ИГОРЬ НИКОЛАЕВИЧ КУЗНЕЦОВ

1965–1984

— Это могила вашего сына, — сказал второй.

— А почему Кузнецов? — спросила Ленка, вглядываясь в лицо на обелиске.

— Так будут в данной реальности звать вашего мужа. Вы с ним проживете всего один год — а потом он уедет, и вы уже никогда не встретитесь. Поэтому это тоже не повлияет на будущее.

— Но почему коммунизм не построят? — даже не слушая, сказала Ленка. — Ведь должны же!

— Не смогут, — сказал один из мужчин.

— Но если я — прямо сейчас — пойду в партком института, и попрошу связаться с товарищем Никитой Сергеевичем, и попрошу передать ему, что коммунизм не построят — ведь все же тогда изменится, да?

— Вам не поверят. Ну и… если вы отклоните наше предложение, вы все забудете. Мы вернем ситуацию к исходному временному пункту.

Мужчина протянул руку, чтобы забрать у нее фотографию, но Ленке почему-то не хотелось ее отдавать.

— А что я там буду у вас делать?

— Закончите образование у нас, естественно, на совершенно другом уровне. Адаптируетесь, заведете семью…

— А там, у вас, у меня дети будут?

— Елена, мы же знаем только наше прошлое и ваше будущее тут. В будущее свое мы попасть не можем — и знать его тоже не можем.

— А здесь? Какое у меня здесь будущее?

— После окончания института вы будете работать в Западносибирской геологической экспедиции, там вами будет проделана огромная работа, вас даже наградят медалью «За трудовые заслуги» за участие в открытии нефтяного месторождения. К сожалению, потом у вас начнутся проблемы со здоровьем — последствие тяжелых условий и неустроенности экспедиций.

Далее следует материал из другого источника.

-- ===== src/Effects/Returned.antt =====
-- What an action that returned must have passed, and the action behind that.
use md_harness.Prelude.{◌≡◌, refl, Bool, true, false, Option, none, some, arith}
use md_harness.Effects.{
  Error, Result, return, raise, Action, pure, and_then, ◌>>=◌, ◌>>◌, require, require_some,
}

module _ {S A : Type 0} where
  pub required :
      (test : Bool) (e : Error) (rest : Action S A) (s : S) {a : A}
      → ((require test e >> rest) s).0 ≡ return a
      → (test ≡ true) × ((require test e >> rest) s ≡ rest s)
  required true e rest s returned = (refl, refl)
  required false e rest s returned = cc

  -- A last statement whose value is thrown away, and the value that is returned behind it.
  pub then_pure :
      (r : Result (Unit {0}) × S) (x : A) {a : A}
      → (and_then r.0 (λ _. pure x) r.1).0 ≡ return a
      → (x ≡ a) × (and_then r.0 (λ _. pure x) r.1 ≡ (return x, r.1))
  then_pure (return u, after) x returned = (ground arith, refl)
  then_pure (raise e, after) x returned = cc

  pub some_required :
      {B : Type 0} (o : Option B) (e : Error) (f : B → Action S A) (s : S) {a : A}
      → ((require_some o e >>= f) s).0 ≡ return a
      → (b : B) × (o ≡ some b) × ((require_some o e >>= f) s ≡ f b s)
  some_required none e f s returned = cc
  some_required (some b) e f s returned = (b, refl, refl)

  pub bound :
      {B : Type 0} (r : Result B × S) (f : B → Action S A) {a : A}
      → (and_then r.0 f r.1).0 ≡ return a
      → (b : B) × (r.0 ≡ return b) × (and_then r.0 f r.1 ≡ f b r.1)
  bound (return b, after) f returned = (b, refl, refl)
  bound (raise e, after) f returned = cc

После гибели сына вы переедете к маме в Ленинград, и там будете работать в геологическом управлении, до выхода на пенсию.

— А… — Ленка замялась — В каком году я умру?

Мужчины снова переглянулись.

— Позвольте нам не отвечать на этот вопрос.

— Это такая страшная тайна? Какая разница — ведь я же все забуду — или улечу в будущее, к вам? И тогда не будет разницы?

— Не нужно. Знание даты своей смерти может повлиять на принятие вами решения. Исказить ваши чувства.

— Да уж куда больше исказить-то, — горько, прямо по-взрослому, усмехнулась Ленка. — Коммунизм не построят, муж сбежит, сына убьют американцы в Афганистане, СССР распадется… И что будет на его месте? Американцы оккупируют? Или немцы опять? Реваншисты Аденауэра?

— Елена, — вмешался второй мужчина. — Наше пребывание тут достигается работой большого числа людей и определенных энергетических мощностей. Желательно не слишком затягивать. Мы вам сообщили все, что могли сообщить — теперь решение принимать вам. Не скрою — будущее нуждается в таких людях, как вы, но заставлять вас мы не можем и не будем. У вас есть право прожить свою жизнь здесь — но знайте, что конец ее будет трудный, как будет трудно всему вашему поколению. После распада СССР будет дикий капитализм, страшная бедность. Или попробовать построить жизнь у нас, с чистого листа.

— А если я соглашусь — как все это объяснить девчонкам, моей маме?

— Это мы возьмем на себя, — сказал первый.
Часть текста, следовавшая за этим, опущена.